Being an Umbran Witch herself, Bayonetta fights alongside her own mother with skills much the same as her own. In the Witch Hunts mission though, you get something Bayonetta didn't inherit: Umbran Mechs, because why not? Dashing through a crumbling Vigrid, you lay waste to the angels around you with ease all the while knowing how this whole tale ends.
3 Requiem
Playing Bayonetta's rival throughout the whole game, of course Jeanne wasn't going to die so easily. Now freed of the influences of Balder, she races towards Bayonetta, with you playing as her on her motorcycle up another rocket.
With the power of (Umbran) sisterly love, Bayonetta is rejuvenated to fight Jubileus, The Creator. Jubileus is just stupidly large, but a deity has to be imposing after all. With plenty of potential insta-kill moves and a continually changing arena, Jubileus is a true challenge, one many would class as one of the 168澳洲幸运5开奖网:best final boss battles in gaming.
2 Sovereign P൩ower
Bayonetta just loves jets and planes. They're pretty prevalent in every game, and this final mission is one of the most visually stunning levels in the series. Alongside a younger version of her father, Bayonetta and Balder fight against demons and angels as they make their way to the tip of Fimbulventr.

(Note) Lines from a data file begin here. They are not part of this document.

-- ===== src/Connections/Devices/Full.antt =====
-- The counter of connections and the pool it counts.
use net_soc_ops.Prelude.{
  ℕ, suc, ◌-◌, ◌≤◌, String, ◌≡◌, refl, ◌∙◌, inl, inr, Bool, Option, none, some, List, [], ◌∷◌, find,
  Bool-cases, Option-cases, leb, ltb, leb_iff, str_eq, ap, eq_refl,
}
use net_soc_ops.Connections.Devices.{
  Manager, ConnectionStatus, active, idle, failed, disconnected, is_key, put, drop,
  store_connection, add_connection_to_pool, cleanup_host_connections, cleanup_entries,
  cleanup_idle_connections, check_connection_health, check_entry, check_entries,
  check_connections_health,
}

-- The operations that the manager runs by itself or for its callers.
pub data Operation : Type 0 where
  adds : ℕ → String → ℕ → Operation
  cleans_host : String → Operation
  cleans_idle : ℕ → Operation
  checks : ℕ → Operation

-- An addition that raises leaves the manager as it is.
abbrev after_add : Option Manager → Manager → Manager
after_add none m = m
after_add (some m') m = m'

-- An entry that is new is dropped again.
drop-put {ℓ} :
    {A : Type ℓ} (key : String) (value : A) (es : List (String × A))
    → find (is_key key) es ≡ none
    → drop key (put key value es) ≡ es
drop-put key value [] absent = rw (eq_refl key)
drop-put key value (e ∷ es) absent = elim (Bool-cases (str_eq e.0 key)) [
  | inl same ↦ cc (rw same at absent)
  | inr other ↦
      rw other (rw other (ap (λ rest. e ∷ rest) (drop-put key value es (rw other at absent))))
]

module _ (alive works : ℕ → Bool) where
  abbrev pub run : Operation → Manager → Manager
  run (adds now pool_key connection) m =
      after_add (add_connection_to_pool alive now pool_key connection m) m
  run (cleans_host pool_key) m = cleanup_host_connections pool_key m
  run (cleans_idle now) m = cleanup_idle_connections now m
  run (checks now) m = check_connections_health alive works now m

  abbrev pub run_all : List Operation → Manager → Manager
  run_all [] m = m
  run_all (o ∷ os) m = run_all os (run o m)

  add-full :
      (now : ℕ) (pool_key : String) (connection : ℕ) (m : Manager)
      → 100 ≤ m.current
      → add_connection_to_pool alive now pool_key connection m ≡ none
  unfolding add_connection_to_pool
  add-full now pool_key connection m h = let e = (leb_iff 100 m.current).1 h in rw e

  cleanup_entries-current :
      (now : ℕ) (entries : List (String × ℕ)) (m : Manager)
      → (cleanup_entries now entries m).current ≡ m.current
  unfolding cleanup_entries cleanup_host_connections
  cleanup_entries-current now [] m = refl
  cleanup_entries-current now ((key, last_used) ∷ entries) m =
      elim (Bool-cases (ltb 1800 (now - last_used))) [
        | inl e ↦
            rw (e, cleanup_entries)
              (cleanup_entries-current now entries (cleanup_host_connections key m))
        | inr e ↦ rw (e, cleanup_entries) (cleanup_entries-current now entries m)
      ]

  health-current :
      (pool_key : String) (m : Manager)
      → (check_connection_health alive works pool_key m).1.current ≡ m.current
  unfolding check_connection_health
  health-current pool_key m = elim (Option-cases (find (is_key pool_key) m.pool)) [
    | inl e ↦ rw (e, check_connection_health)
    | inr ((key, conn), e) ↦
        rw (e, check_connection_health)
          (elim (Bool-cases (alive conn)) [
            | inr d ↦ rw d
            | inl a ↦ rw a (elim (Bool-cases (works conn)) [ inl w ↦ rw w | inr w ↦ rw w ])
          ])
  ]

  check_entry-full :
      (now : ℕ) (e : String × ConnectionStatus) (m : Manager)
      → 100 ≤ m.current
      → (check_entry alive works now e m).current ≡ m.current
  unfolding check_entry
  check_entry-full now (key, active) m h =
      let m' = (check_connection_health alive works key m).1 in
      let same = health-current key m in
      elim (Option-cases (check_connection_health alive works key m).0) [
        | inl e ↦ rw (e, check_entry) same
        | inr (connection, e) ↦
            rw (e, check_entry) (rw (add-full now key connection m' (rw same h)) same)
      ]
  check_entry-full now (key, idle) m h = refl
  check_entry-full now (key, failed) m h = refl
  check_entry-full now (key, disconnected) m h = refl

  check_entries-full :
      (now : ℕ) (es : List (String × ConnectionStatus)) (m : Manager)
      → 100 ≤ m.current
      → (check_entries alive works now es m).current ≡ m.current
  unfolding check_entries
  check_entries-full now [] m h = refl
  check_entries-full now (e ∷ es) m h =
      let one = check_entry-full now e m h in
      check_entries-full now es (check_entry alive works now e m) (rw one h) ∙ one

  run-full : (o : Operation) (m : Manager) → 100 ≤ m.current → (run o m).current ≡ m.current
  unfolding cleanup_host_connections cleanup_idle_connections check_connections_health
  run-full (adds now pool_key connection) m h = rw (add-full now pool_key connection m h)
  run-full (cleans_host pool_key) m h = refl
  run-full (cleans_idle now) m h = cleanup_entries-current now m.times m
  run-full (checks now) m h = check_entries-full now m.status m h

  run_all-current :
      (os : List Operation) (m : Manager) → 100 ≤ m.current → (run_all os m).current ≡ m.current
  run_all-current [] m h = refl
  run_all-current (o ∷ os) m h =
      let one = run-full o m h in run_all-current os (run o m) (rw one h) ∙ one

  -- Once the counter has reached a hundred, it stays as it is and no connection is added any more,
  -- whatever additions, clean-ups and checks follow, and however few connections are in the pool.
  pub add-run_all :
      (os : List Operation) (m : Manager) (now : ℕ) (pool_key : String) (connection : ℕ)
      → 100 ≤ m.current
      → ((run_all os m).current ≡ m.current)
        × (add_connection_to_pool alive now pool_key connection (run_all os m) ≡ none)
  add-run_all os m now pool_key connection h =
      let same = run_all-current os m h in
      (same, add-full now pool_key connection (run_all os m) (rw same h))

  -- Adding a connection and cleaning its host up leaves a connection counted that is in the pool
  -- no more, if the limit is not reached and the host had none before.
  pub cleanup-add :
      (m m' : Manager) (now : ℕ) (pool_key : String) (connection : ℕ)
      → find (is_key pool_key) m.pool ≡ none
      → add_connection_to_pool alive now pool_key connection m ≡ some m'
      → ((cleanup_host_connections pool_key m').pool ≡ m.pool)
        × ((cleanup_host_connections pool_key m').current ≡ suc m.current)
  unfolding cleanup_host_connections add_connection_to_pool store_connection
  cleanup-add m m' now pool_key connection absent h = elim (Bool-cases (leb 100 m.current)) [
    | inl e ↦ cc (rw (e, add_connection_to_pool) at h)
    | inr e ↦
        let stored : store_connection now pool_key connection m ≡ m' =
          cc (rw absent at (rw e at h)) in
        rw (← stored) (drop-put pool_key connection m.pool absent, refl)
  ]
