-- ===== src/Connections/Devices/Retry.antt =====
-- The retries of a connect: how many there are, how long they wait, and what they return.
use native.Mathlib.Nat.{pow-suc}
use net_soc_ops.Prelude.{
  ℕ, zero, suc, ◌+◌, ◌-◌, ◌*◌, ◌^◌, ◌≤◌, String, ◌≡◌, refl, ap, inl, inr, ◌⊎◌, false, Option, none,
  some, List, [], ◌∷◌, ◌==◌, arith,
}
use net_soc_ops.Prelude.Results.{Result, ok, err}
use net_soc_ops.Connections.Devices.{
  Attempt, connected, refused, crashed, Error, refusal, crash, type_error, Tried, retry_from,
  retry_connection,
}

-- `n` waits, of which each is twice the one before.
abbrev pub doublings : ℕ → ℕ → List ℕ
doublings zero delay = []
doublings (suc n) delay = delay ∷ doublings n (delay * 2)

abbrev pub sum : List ℕ → ℕ
sum [] = 0
sum (n ∷ ns) = n + sum ns

power_step : (delay n : ℕ) → delay * 2 * 2 ^ n ≡ delay * 2 ^ suc n
power_step delay n = rw (pow-suc 2 n) (omega arith)

sum-doublings : (n delay : ℕ) → sum (doublings n delay) + delay ≡ delay * 2 ^ n
sum-doublings zero delay = omega arith
sum-doublings (suc n) delay = omega (arith, sum-doublings n (delay * 2), power_step delay n)

-- What the outcome says of the last attempt, and that the loop gives up after the last of them.
abbrev pub Tells : (ℕ → Attempt) → ℕ → ℕ → Result Error ℕ → Type 0
Tells connect limit attempts (ok c) = connect (attempts - 1) ≡ connected c
Tells connect limit attempts (err (refusal e)) =
    (connect (attempts - 1) ≡ refused e) × (attempts ≡ limit)
Tells connect limit attempts (err (crash e)) = connect (attempts - 1) ≡ crashed e
Tells connect limit attempts (err type_error) = ¬ Unit {0}

record IsTried (connect : ℕ → Attempt) (left attempt delay : ℕ) (r : Tried) : Type 0 where
  some_attempt : suc attempt ≤ r.attempts
  few_attempts : r.attempts ≤ attempt + left
  waits : r.waits ≡ doublings (r.attempts - suc attempt) delay
  tells : Tells connect (attempt + left) r.attempts r.outcome

Attempt-cases :
    (a : Attempt)
    → ((c : ℕ) × (a ≡ connected c))
      ⊎ (((e : String) × (a ≡ refused e)) ⊎ ((e : String) × (a ≡ crashed e)))
Attempt-cases (connected c) = inl (c, refl)
Attempt-cases (refused e) = inr (inl (e, refl))
Attempt-cases (crashed e) = inr (inr (e, refl))

no_more : (n : ℕ) → n - n ≡ 0
no_more n = omega arith

last_one : (n : ℕ) → suc n - 1 ≡ n
last_one n = omega arith

at_once :
    (connect : ℕ → Attempt) (left attempt delay : ℕ) (outcome : Result Error ℕ)
    → Tells connect (attempt + suc left) (suc attempt) outcome
    → IsTried connect
        (suc left)
        attempt
        delay
        (record { outcome = outcome; attempts = suc attempt; waits = [] })
at_once connect left attempt delay outcome h = record {
  some_attempt = omega arith;
  few_attempts = omega arith;
  waits = rw (no_more (suc attempt));
  tells = h;
}

longer : (a b : ℕ) → suc (suc a) ≤ b → b - suc a ≡ suc (b - suc (suc a))
longer a b h = omega arith

same_limit : (a left : ℕ) → suc a + suc left ≡ a + suc (suc left)
same_limit a left = omega arith

again :
    (connect : ℕ → Attempt) (left attempt delay : ℕ) (rest : Tried)
    → IsTried connect (suc left) (suc attempt) (delay * 2) rest
    → IsTried connect (suc (suc left)) attempt delay (record rest { waits = delay ∷ rest.waits })
again connect left attempt delay rest h = record {
  some_attempt = let more = h.some_attempt in omega arith;
  few_attempts = let few = h.few_attempts in omega arith;
  waits = rw (longer attempt rest.attempts h.some_attempt) (ap (λ ws. delay ∷ ws) h.waits);
  tells = rw (← same_limit attempt left) h.tells;
}

not_zero : (n : ℕ) → (suc n == 0) ≡ false
not_zero n = ground arith

retry_from-IsTried :
    (connect : ℕ → Attempt) (left attempt delay : ℕ) (last : Option String)
    → IsTried connect (suc left) attempt delay (retry_from connect (suc left) attempt delay last)
unfolding retry_from
retry_from-IsTried connect zero attempt delay last = elim (Attempt-cases (connect attempt)) [
  | inl (c, e) ↦
      rw (e, retry_from) (at_once connect 0 attempt delay (ok c) (rw (last_one attempt) e))
  | inr (inr (x, e)) ↦
      rw (e, retry_from) (at_once connect 0 attempt delay (err (crash x)) (rw (last_one attempt) e))
  | inr (inl (x, e)) ↦
      rw (e, retry_from)
        (at_once connect 0 attempt delay (err (refusal x)) (rw (last_one attempt) e, omega arith))
]
retry_from-IsTried connect (suc left) attempt delay last = elim (Attempt-cases (connect attempt)) [
  | inl (c, e) ↦
      rw (e, retry_from) (at_once connect (suc left) attempt delay (ok c) (rw (last_one attempt) e))
  | inr (inr (x, e)) ↦
      rw (e, retry_from)
        (at_once connect (suc left) attempt delay (err (crash x)) (rw (last_one attempt) e))
  | inr (inl (x, e)) ↦
      rw (e, retry_from)
        (rw (not_zero left) (
          again connect left attempt delay _
            (retry_from-IsTried connect left (suc attempt) (delay * 2) (some x))))
]

zero_add : (n : ℕ) → 0 + n ≡ n
zero_add n = omega arith

total_wait :
    (attempts delay : ℕ) (waits : List ℕ)
    → waits ≡ doublings (attempts - 1) delay
    → sum waits + delay ≡ delay * 2 ^ (attempts - 1)
total_wait attempts delay waits h = rw h (sum-doublings (attempts - 1) delay)

-- With at least one try allowed, the loop makes one at least and no more than are allowed. It waits
-- between two attempts, each time twice as long as before, and so in all the first delay times one
-- less than the power of two of the waits. A connection is that of the last attempt; an exception
-- that is retried is raised only if the last attempt that is allowed has raised it; any other
-- exception is that of the last attempt.
pub retry_connection-bounded :
    (connect : ℕ → Attempt) (max_retries initial_delay : ℕ)
    → 1 ≤ max_retries
    → let r = retry_connection connect max_retries initial_delay in
      (1 ≤ r.attempts)
      × (r.attempts ≤ max_retries)
      × (r.waits ≡ doublings (r.attempts - 1) initial_delay)
      × (sum r.waits + initial_delay ≡ initial_delay * 2 ^ (r.attempts - 1))
      × Tells connect max_retries r.attempts r.outcome
unfolding retry_connection
retry_connection-bounded connect zero initial_delay allowed = absurd (omega (arith, allowed))
retry_connection-bounded connect (suc left) initial_delay allowed =
    let h = retry_from-IsTried connect left 0 initial_delay none in
    (
      h.some_attempt,
      let few = h.few_attempts in omega arith,
      h.waits,
      total_wait _ initial_delay _ h.waits,
      rw (zero_add (suc left)) at h.tells,
    )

That can't be everything though, of course. Here at the top, Bayonetta fights the god of Chaos, Loptr, and his evolved form of Aesir. He's a dazzling-looking figure, and has no shame dragging you into a plane of his own creation and tossing satellites your way. But a gigantic satellite would never stop Bayonetta, and Aesir is knocked into oblivion with the help of Jeanne.
1 Route 666
There are a lot of things Bayonetta is iconic for. Her spanking of demons, her revealing fighting style, the fact that her clothes are actually her hair. Yet somehow, nothing quite stands out so much as her using her ow💛n finger as a key to a motorcycle and shouting "time to go vroom!" before, indeed, going vroom down the h🏅ighway.
Route 666 has you riding a probably-too-fast motorcycle down a highway that is definitely violating more than a few traffic violations. The bike is undeniably clunky and slippy, but damn if it isn't just silly fun that caps off exactly why Bayonetta is so great: the complete lack of fear to do something stupid because they know it's fun.